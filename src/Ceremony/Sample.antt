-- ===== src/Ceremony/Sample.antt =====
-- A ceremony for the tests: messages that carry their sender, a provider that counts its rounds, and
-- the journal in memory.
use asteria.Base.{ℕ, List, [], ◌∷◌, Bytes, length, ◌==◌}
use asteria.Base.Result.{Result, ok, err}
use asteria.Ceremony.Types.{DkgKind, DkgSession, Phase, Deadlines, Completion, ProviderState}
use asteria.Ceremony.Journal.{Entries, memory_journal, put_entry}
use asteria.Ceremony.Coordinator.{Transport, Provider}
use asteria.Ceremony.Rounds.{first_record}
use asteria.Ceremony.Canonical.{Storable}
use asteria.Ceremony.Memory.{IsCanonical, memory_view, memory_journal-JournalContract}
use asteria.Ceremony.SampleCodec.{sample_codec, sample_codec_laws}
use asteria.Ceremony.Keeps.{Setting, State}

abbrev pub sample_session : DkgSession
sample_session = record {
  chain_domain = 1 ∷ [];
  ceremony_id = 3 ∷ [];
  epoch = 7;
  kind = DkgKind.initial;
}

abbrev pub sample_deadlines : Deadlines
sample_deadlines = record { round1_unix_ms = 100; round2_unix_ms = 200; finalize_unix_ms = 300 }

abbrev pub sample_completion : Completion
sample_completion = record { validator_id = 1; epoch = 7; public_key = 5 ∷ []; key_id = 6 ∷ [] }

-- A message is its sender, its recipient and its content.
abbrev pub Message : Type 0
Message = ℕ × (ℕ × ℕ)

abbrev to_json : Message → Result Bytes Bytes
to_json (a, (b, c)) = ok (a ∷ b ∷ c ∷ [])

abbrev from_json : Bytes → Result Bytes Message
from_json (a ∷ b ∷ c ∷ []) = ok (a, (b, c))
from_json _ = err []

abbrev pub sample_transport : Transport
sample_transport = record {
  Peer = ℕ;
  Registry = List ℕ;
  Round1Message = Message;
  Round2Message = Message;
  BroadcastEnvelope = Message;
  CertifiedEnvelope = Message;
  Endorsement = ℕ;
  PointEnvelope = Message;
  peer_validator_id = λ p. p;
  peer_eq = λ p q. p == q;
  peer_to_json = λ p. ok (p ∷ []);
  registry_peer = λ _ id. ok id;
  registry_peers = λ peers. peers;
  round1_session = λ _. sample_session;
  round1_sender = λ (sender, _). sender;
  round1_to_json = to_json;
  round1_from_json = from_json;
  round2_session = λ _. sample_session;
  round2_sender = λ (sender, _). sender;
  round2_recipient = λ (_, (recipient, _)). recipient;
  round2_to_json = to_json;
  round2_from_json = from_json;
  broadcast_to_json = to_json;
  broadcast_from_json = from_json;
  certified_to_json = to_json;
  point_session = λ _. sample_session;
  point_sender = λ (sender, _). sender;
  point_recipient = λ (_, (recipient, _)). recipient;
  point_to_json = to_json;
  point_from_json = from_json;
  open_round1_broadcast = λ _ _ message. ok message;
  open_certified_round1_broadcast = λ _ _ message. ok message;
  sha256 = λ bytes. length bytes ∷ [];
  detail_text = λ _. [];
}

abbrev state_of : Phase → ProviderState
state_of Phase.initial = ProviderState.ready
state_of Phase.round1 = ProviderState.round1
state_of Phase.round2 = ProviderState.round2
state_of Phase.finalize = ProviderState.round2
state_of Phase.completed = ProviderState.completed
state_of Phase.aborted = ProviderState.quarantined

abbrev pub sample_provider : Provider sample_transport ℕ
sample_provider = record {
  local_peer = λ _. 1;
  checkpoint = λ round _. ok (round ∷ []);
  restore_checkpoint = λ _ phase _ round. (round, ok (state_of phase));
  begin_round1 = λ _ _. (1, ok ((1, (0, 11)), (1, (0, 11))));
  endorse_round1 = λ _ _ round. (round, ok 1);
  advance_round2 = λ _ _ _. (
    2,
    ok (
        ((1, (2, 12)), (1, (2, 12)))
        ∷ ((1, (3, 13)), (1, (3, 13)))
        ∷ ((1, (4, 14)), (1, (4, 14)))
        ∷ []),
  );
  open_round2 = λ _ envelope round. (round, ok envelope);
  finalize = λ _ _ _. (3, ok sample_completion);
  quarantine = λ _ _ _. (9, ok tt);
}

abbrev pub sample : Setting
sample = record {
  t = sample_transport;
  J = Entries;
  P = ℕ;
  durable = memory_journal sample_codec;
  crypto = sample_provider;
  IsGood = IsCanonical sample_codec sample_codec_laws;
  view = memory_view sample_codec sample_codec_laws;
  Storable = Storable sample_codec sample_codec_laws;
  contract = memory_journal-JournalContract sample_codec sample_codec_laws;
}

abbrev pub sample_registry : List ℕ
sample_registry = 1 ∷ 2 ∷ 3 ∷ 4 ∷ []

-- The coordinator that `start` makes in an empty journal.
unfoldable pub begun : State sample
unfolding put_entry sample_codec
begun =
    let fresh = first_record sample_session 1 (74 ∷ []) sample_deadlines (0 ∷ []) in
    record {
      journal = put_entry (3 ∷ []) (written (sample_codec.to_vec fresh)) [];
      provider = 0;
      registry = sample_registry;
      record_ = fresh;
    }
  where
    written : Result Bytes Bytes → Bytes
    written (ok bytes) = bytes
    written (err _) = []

About this task » Using the entries above, give again exactly the lines from the line holding "CertifiedEnvelope = Message;" through the line holding "round2_sender = λ (sender, _). sender;". Include both end lines and nothing else.

Output for this exercise »
  CertifiedEnvelope = Message;
  Endorsement = ℕ;
  PointEnvelope = Message;
  peer_validator_id = λ p. p;
  peer_eq = λ p q. p == q;
  peer_to_json = λ p. ok (p ∷ []);
  registry_peer = λ _ id. ok id;
  registry_peers = λ peers. peers;
  round1_session = λ _. sample_session;
  round1_sender = λ (sender, _). sender;
  round1_to_json = to_json;
  round1_from_json = from_json;
  round2_session = λ _. sample_session;
  round2_sender = λ (sender, _). sender;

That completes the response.